Robert, the vet, had grabbed an automatic rifle and was crouched below one of the front windows, sizing up the scene outside. “There’s an army out there! Cops everywhere I look!”
Julia was screaming and acting like a crazy woman. “I told you to get out of my house! I told you to get out!” She looked toward Mal. “What are we going to do now? What are we going to do?”
Mal seemed calm. He went over to the window, peeked through the curtains. Then he headed into the other room and came back wheeling a black case. “Probably die,” he answered.
Michelle’s heart seemed to be beating a thousand beats per second. Any moment, armed, uniformed men could burst in. Part of her was gripped with fear, part was ashamed. She knew she had let down her friends. Ended everything they had fought for. But she had helped murder women and children, and now maybe she could stop the killing.
Suddenly the phone rang. For a second everyone turned, eyes fixed on the phone. The rings were like alarm bells going off.
“Pick it up,” Robert said to Mal. “You want to be the leader. Pick it up.”
Mal walked over. Four, five rings. Finally he lifted the phone.
He listened for a second. His face didn’t register fear or surprise. He even told them his name. “Stephen Hardaway,” he said proudly.
Then he listened for a long time. “I hear you,” he answered. He put down the receiver, swallowed, and looked around. “They say we have this one chance. Anyone who wants to leave, you’d better go now.”
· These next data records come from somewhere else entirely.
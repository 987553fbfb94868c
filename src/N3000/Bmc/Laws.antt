-- ===== src/N3000/Bmc/Laws.antt =====
-- The two readers of the output of `fpgainfo bmc`, for the FPGAs and for the cards, side by side.
use openshift_operator.Base.{
  ◌≤◌, ◌≡◌, refl, ap, arith, Bool, true, false, String, List, [], ◌∷◌, map, All, length, ◌==◌,
  Option, none, some, split, ok, if◌then◌else◌, Bool-cases, inl, inr,
}
use openshift_operator.Api.Fpga.{N3000FpgaStatus}
use openshift_operator.N3000.{Node}
use openshift_operator.N3000.Bmc.{
  bmc_line, pci_label, sensors_title, empty_device, set_label, read_lines, read_devices, first_pci,
  read_pcis, fpga_info_bmc, get_fpga_inventory, get_n3000_devices,
}

-- The values of the lines with the label of a PCI address.
unfoldable pub pci_values : List String → List String
pci_values [] = []
pci_values (line ∷ lines) = elim (bmc_line line) [
  | none ↦ pci_values lines
  | some (label, value) ↦
      let rest = pci_values lines in if label == pci_label then value ∷ rest else rest
]

last_or : String → List String → String
last_or v [] = v
last_or v (x ∷ xs) = last_or x xs

some_value : Bool → List String → Bool
some_value b [] = b
some_value b (x ∷ xs) = true

some_value-true : (xs : List String) → some_value true xs ≡ true
unfolding some_value
some_value-true [] = refl
some_value-true (x ∷ xs) = refl

-- What the loop over the lines makes of the address of a device, and whether it found one.
abbrev Reads : List String → Type 0
Reads lines =
    (dev : N3000FpgaStatus) (b : Bool)
    → ((read_lines lines (dev, b)).0.pci_addr ≡ last_or dev.pci_addr (pci_values lines))
      × ((read_lines lines (dev, b)).1 ≡ some_value b (pci_values lines))

read_lines-Reads : (lines : List String) → Reads lines
unfolding set_label read_lines pci_values last_or some_value
read_lines-Reads [] dev b = (refl, refl)
read_lines-Reads (line ∷ lines) dev b = by_match (bmc_line line) refl (read_lines-Reads lines)
  where
    by_match :
        (o : Option (String × String))
        → bmc_line line ≡ o
        → Reads lines
        → ((read_lines (line ∷ lines) (dev, b)).0.pci_addr
            ≡ last_or dev.pci_addr (pci_values (line ∷ lines)))
          × ((read_lines (line ∷ lines) (dev, b)).1 ≡ some_value b (pci_values (line ∷ lines)))
    by_match none e ih = ground (arith, e, ih dev b)
    by_match (some (label, value)) e ih = elim (Bool-cases (label == pci_label)) [
      | inl h ↦
          ground
            (arith, e, h, ih (set_label label value dev) true, some_value-true (pci_values lines))
      | inr h ↦ ground (arith, e, h, ih (set_label label value dev) b)
    ]

first_pci-pci_values :
    (lines : List String)
    → first_pci lines ≡ elim (pci_values lines) [ [] ↦ none | v ∷ vs ↦ some v ]
unfolding first_pci pci_values
first_pci-pci_values [] = refl
first_pci-pci_values (line ∷ lines) = ground (arith, first_pci-pci_values lines)

-- The section of a device, whose lines give at most one PCI address.
unfoldable pub OnePci : String → Type 0
OnePci section = length (pci_values (split section "\n")) ≤ 1

read_devices-read_pcis :
    (outputs : List String)
    → All OnePci outputs
    → map (λ (d : N3000FpgaStatus). d.pci_addr) (read_devices outputs) ≡ read_pcis outputs
unfolding read_devices read_pcis OnePci last_or some_value
read_devices-read_pcis [] all = refl
read_devices-read_pcis (output ∷ outputs) (one, rest) =
    by_values (pci_values (split output "\n")) refl (read_devices-read_pcis outputs rest)
  where
    by_values :
        (vs : List String)
        → pci_values (split output "\n") ≡ vs
        → map (λ (d : N3000FpgaStatus). d.pci_addr) (read_devices outputs) ≡ read_pcis outputs
        → map (λ (d : N3000FpgaStatus). d.pci_addr) (read_devices (output ∷ outputs))
          ≡ read_pcis (output ∷ outputs)
    by_values [] e ih = ground (
      arith,
      e,
      ih,
      read_lines-Reads (split output "\n") empty_device false,
      first_pci-pci_values (split output "\n"),
    )
    by_values (v ∷ []) e ih = ground (
      arith,
      e,
      ih,
      read_lines-Reads (split output "\n") empty_device false,
      first_pci-pci_values (split output "\n"),
    )
    by_values (v ∷ (w ∷ ws)) e ih = absurd (ground (arith, ap length e, one))

-- Where the command succeeds and no section of its output gives two PCI addresses, the inventory of the
-- FPGAs and the list of the cards are both obtained, and the cards are the addresses of the
-- inventory, in its order.
pub get_n3000_devices-get_fpga_inventory :
    (N : Node) (s t : N.State) (output : String)
    → fpga_info_bmc N s ≡ (ok output, t)
    → All OnePci (split output sensors_title)
    → (inventory : List N3000FpgaStatus) × (get_fpga_inventory N s ≡ (ok inventory, t))
      × (get_n3000_devices N s ≡ (ok (map (λ d. d.pci_addr) inventory), t))
unfolding get_fpga_inventory get_n3000_devices
get_n3000_devices-get_fpga_inventory N s t output ran one = (
  read_devices (split output sensors_title),
  ground (arith, ran),
  ground (arith, ran, read_devices-read_pcis (split output sensors_title) one),
)
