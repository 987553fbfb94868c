-- ===== src/N3000/Images.antt =====
-- N3000/pkg/daemon/common.go: the images that are downloaded, and the folder for them.
pub mod Laws
pub mod Keeping
use openshift_operator.Base.{
  Bool, not, String, ◌<>◌, ◌==◌, eqb, failure, is_not_exist, Exec, pure, raise, handle, ◌>>=◌, ◌>>◌,
  if◌then◌else◌,
}
use openshift_operator.N3000.{Node}

module _ (N : Node) where
  open N use {State}

  unfoldable pub verify_checksum : String → String → Exec State Bool
  verify_checksum path expected =
      handle (N.open_file path)
        (λ _.
          handle (N.read_all path) (λ content. pure (N.md5_hex content == expected))
            (λ _. raise (failure "Failed to copy file to calculate md5")))
        (λ _. raise (failure "Failed to open file to calculate md5"))

  -- The code of `downloadImage` once the body is in the file.
  unfoldable pub check_downloaded : String → String → String → Exec State (Unit {0})
  check_downloaded path url checksum =
      if checksum == ""
      then pure tt
      else (verify_checksum path checksum >>= λ match.
          if match
          then pure tt
          else raise (failure ("Checksum mismatch in downloaded file: " <> url)))

  unfoldable pub download_image : String → String → String → Exec State (Unit {0})
  download_image path url checksum = N.create path >> N.http_get url >>= λ r.
      if not (eqb r.status_code 200)
      then raise (failure ("Unable to download image from: " <> (url <> (" err: " <> r.status))))
      else (N.copy_body path r.body >> check_downloaded path url checksum)

  -- The code of `getImage` where the file is there.
  unfoldable pub replace_image : String → String → String → Exec State (Unit {0})
  replace_image path url checksum = verify_checksum path checksum >>= λ match.
      if match
      then pure tt
      else handle (N.remove path) (λ _. download_image path url checksum)
          (λ _. raise (failure ("Unable to remove old image file: " <> path)))

  unfoldable pub get_image : String → String → String → Exec State (Unit {0})
  get_image path url checksum =
      handle (N.stat path) (λ _. replace_image path url checksum)
        (λ e. if is_not_exist e then download_image path url checksum else raise e)

  -- Where the folder cannot be created, the error is the one of the test before.
  unfoldable pub create_folder : String → Exec State (Unit {0})
  create_folder path =
      handle (N.stat path) (λ _. pure tt)
        (λ e.
          if is_not_exist e
          then handle (N.mkdir_all path) (λ _. pure tt) (λ _. raise e)
          else pure tt)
The room was deathly quiet. Robert at the window. Julia, her back pressed up against the wall. Mal, finally seeming shocked and out of answers. Michelle wanted to cry that she had brought this upon them.
“Well, they ain’t putting their hands on me,” Robert said. He picked up his automatic rifle, his back to the kitchen door, eyeing the van parked in the driveway.
He winked, a sort of silent farewell. Then he yanked open the door and ran out of the house.
About four feet from the van he raised the gun, squeezing off a long burst in the direction of the police. There were two loud cracks. Just two. Robert stopped in his tracks. He spun around, a surprised look on his face, crimson stains widening on his chest.
“Robert!” Julia screamed. She smashed the barrel of her gun through the front window and started shooting wildly. Then she was hurled backward and didn’t move again.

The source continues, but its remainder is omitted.